─── Recorded information ───
-- ===== src/EasyFs/Layout/Increase/Appends.antt =====
-- The assignments of `increase_size`, one after the other.
use r_core_tutorial_v3_arm.Base.{
  ℕ, ◌+◌, ◌*◌, ◌^◌, ◌<◌, ◌≡◌, refl, ap, ◌∙◌, inl, inr, true, some, List, [], ◌∷◌, ◌++◌, arith, ◌==◌,
  ==_iff, Bool-cases, length, get_elem?, set, Distinct, done, ◌>>=◌,
}
use r_core_tutorial_v3_arm.EasyFs.Layout.{DiskInode, word}
use r_core_tutorial_v3_arm.EasyFs.Layout.Clear.{AreBlocks, get_elem?-in}
use r_core_tutorial_v3_arm.EasyFs.Layout.Increase.{
  Growth, put_direct, put_indirect1, put_indirect2, put_entry, put_leaf,
}
use r_core_tutorial_v3_arm.EasyFs.Layout.Increase.Slots.{
  Slot, direct_slot, first_slot, entry_slot, second_slot, row_slot, leaf_slot, number, IsSlot,
  Represents, with_word, put_word-done,
}
use r_core_tutorial_v3_arm.EasyFs.Layout.Increase.Append.{
  is_index, OnlyIndices, get_elem?-append, put, Names, Names-Represents, first_named, second_named,
}
use r_core_tutorial_v3_arm.EasyFs.Layout.Increase.Fields.{direct-Names, first-Names, second-Names}
use r_core_tutorial_v3_arm.EasyFs.Layout.Increase.Step.{entry-Names, row-Names, leaf-Names}

-- The blocks `bs` were appended to the list `all`, and `rest` is left.
pub record Appended (g g' : Growth) (all bs rest : List ℕ) : Type 0 where
  pub represented : Represents g'.inode g'.device (all ++ bs)
  pub left : g'.new_blocks ≡ rest
  pub size_kept : g'.inode.size ≡ g.inode.size
  pub type_kept : g'.inode.type_ ≡ g.inode.type_
  pub only : OnlyIndices (all ++ bs) g.device g'.device

pub OnlyIndices-append :
    (all bs : List ℕ) (before after : ℕ → List ℕ)
    → OnlyIndices all before after
    → OnlyIndices (all ++ bs) before after
OnlyIndices-append all bs before after o b n =
    o b (λ s i h e. n s i h (get_elem?-append all bs (number s) b e))

OnlyIndices-with_word :
    (all : List ℕ) (device : ℕ → List ℕ) (s : Slot) (id i v : ℕ)
    → is_index s ≡ true
    → IsSlot s
    → get_elem? all (number s) ≡ some id
    → OnlyIndices all device (with_word device id i v)
OnlyIndices-with_word all device s id i v t h e b n = elim (Bool-cases (id == b)) [
  | inr d ↦ rw d
  | inl y ↦ absurd (n s t h (e ∙ ap some ((==_iff id b).0 y)))
]

put_direct-done :
    (g : Growth) (i x : ℕ) (xs : List ℕ)
    → g.new_blocks ≡ x ∷ xs
    → i < length g.inode.direct
    → put_direct i g
      ≡ done
          (record g { inode = record g.inode { direct = set g.inode.direct i x }; new_blocks = xs })
unfolding put_direct
put_direct-done g i x xs e h = ground (arith, e, h)

put_indirect1-done :
    (g : Growth) (x : ℕ) (xs : List ℕ)
    → g.new_blocks ≡ x ∷ xs
    → put_indirect1 g
      ≡ done (record g { inode = record g.inode { indirect1 = x }; new_blocks = xs })
unfolding put_indirect1
put_indirect1-done g x xs e = rw e

put_indirect2-done :
    (g : Growth) (x : ℕ) (xs : List ℕ)
    → g.new_blocks ≡ x ∷ xs
    → put_indirect2 g
      ≡ done (record g { inode = record g.inode { indirect2 = x }; new_blocks = xs })
unfolding put_indirect2
put_indirect2-done g x xs e = rw e

put_entry-done :
    (g : Growth) (id i x : ℕ) (xs : List ℕ)
    → AreBlocks g.device
    → g.new_blocks ≡ x ∷ xs
    → i < 128
    → put_entry id i g ≡ done (record g { device = with_word g.device id i x; new_blocks = xs })
unfolding put_entry
put_entry-done g id i x xs blocks e h = rw e (
    ap (λ m. m >>= λ device. done (record g { device = device; new_blocks = xs }))
      (put_word-done g.device id i x blocks h))

put_leaf-done :
    (g : Growth) (a b z x : ℕ) (xs : List ℕ)
    → AreBlocks g.device
    → word g.device g.inode.indirect2 a ≡ done z
    → g.new_blocks ≡ x ∷ xs
    → b < 128
    → put_leaf a b g ≡ done (record g { device = with_word g.device z b x; new_blocks = xs })
unfolding put_leaf
put_leaf-done g a b z x xs blocks w e h = rw w (put_entry-done g z b x xs blocks e h)

-- One assignment.
pub put-Appended :
    (s : Slot) (g : Growth) (all : List ℕ) (x : ℕ) (xs : List ℕ)
    → Represents g.inode g.device all
    → Distinct all
    → IsSlot s
    → number s ≡ length all
    → g.new_blocks ≡ x ∷ xs
    → x < 2 ^ 32
    → (g' : Growth) × (put s g ≡ done g') × Appended g g' all (x ∷ []) xs
put-Appended s g all x xs r d h l e v = by_slot s h l
  where
    appended :
        (s : Slot) (inode : DiskInode) (device : ℕ → List ℕ)
        → IsSlot s
        → number s ≡ length all
        → inode.size ≡ g.inode.size
        → inode.type_ ≡ g.inode.type_
        → OnlyIndices all g.device device
        → Names inode device all s x
        → Appended g (record { inode = inode; device = device; new_blocks = xs }) all (x ∷ []) xs
    appended s inode device h l p q o n = record {
      represented = Names-Represents inode device all s x h l n;
      left = refl;
      size_kept = p;
      type_kept = q;
      only = OnlyIndices-append all (x ∷ []) g.device device o;
    }

    by_slot :
        (s : Slot)
        → IsSlot s
        → number s ≡ length all
        → (g' : Growth) × (put s g ≡ done g') × Appended g g' all (x ∷ []) xs
    by_slot (direct_slot i) h l = (
      _,
      put_direct-done g i x xs e (omega (arith, h, r.directs)),
      appended (direct_slot i) (record g.inode { direct = set g.inode.direct i x }) g.device h l
          refl refl (λ b n. refl) (direct-Names g.inode g.device all i x r h l),
    )
    by_slot first_slot h l = (
      _,
      put_indirect1-done g x xs e,
      appended first_slot (record g.inode { indirect1 = x }) g.device h l refl refl (λ b n. refl)
          (first-Names g.inode g.device all x r l),
    )
    by_slot (entry_slot i) h l = (
      _,
      put_entry-done g g.inode.indirect1 i x xs r.blocks e h,
      appended (entry_slot i) g.inode (with_word g.device g.inode.indirect1 i x) h l refl refl
          (OnlyIndices-with_word all g.device first_slot g.inode.indirect1 i x refl tt
            (first_named g.inode g.device all r (omega (arith, l))))
          (entry-Names g.inode g.device all i x r h v l),
    )
    by_slot second_slot h l = (
      _,
      put_indirect2-done g x xs e,
      appended second_slot (record g.inode { indirect2 = x }) g.device h l refl refl (λ b n. refl)
          (second-Names g.inode g.device all x r l),
    )
    by_slot (row_slot a) h l = (
      _,
      put_entry-done g g.inode.indirect2 a x xs r.blocks e h,
      appended (row_slot a) g.inode (with_word g.device g.inode.indirect2 a x) h l refl refl
          (OnlyIndices-with_word all g.device second_slot g.inode.indirect2 a x refl tt
            (second_named g.inode g.device all r (omega (arith, l))))
          (row-Names g.inode g.device all a x r d h v l),
    )
    by_slot (leaf_slot a b) h l =
        let (z, f) = get_elem?-in all (158 + 129 * a) (omega (arith, l)) in
        (
          _,
          put_leaf-done g a b z x xs r.blocks (r.held (row_slot a) z h.0 f) e h.1,
          appended (leaf_slot a b) g.inode (with_word g.device z b x) h l refl refl
              (OnlyIndices-with_word all g.device (row_slot a) z b x refl h.0 f)
              (leaf-Names g.inode g.device all a b z x r d h.0 h.1 v l f),
        )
───
## [Exercise description]
Repeat word for word the lines above that run from the line containing "appended (direct_slot i)" through the line containing "appended first_slot (record", both ends included, and nothing else.

## [Response]
      appended (direct_slot i) (record g.inode { direct = set g.inode.direct i x }) g.device h l
          refl refl (λ b n. refl) (direct-Names g.inode g.device all i x r h l),
    )
    by_slot first_slot h l = (
      _,
      put_indirect1-done g x xs e,
      appended first_slot (record g.inode { indirect1 = x }) g.device h l refl refl (λ b n. refl)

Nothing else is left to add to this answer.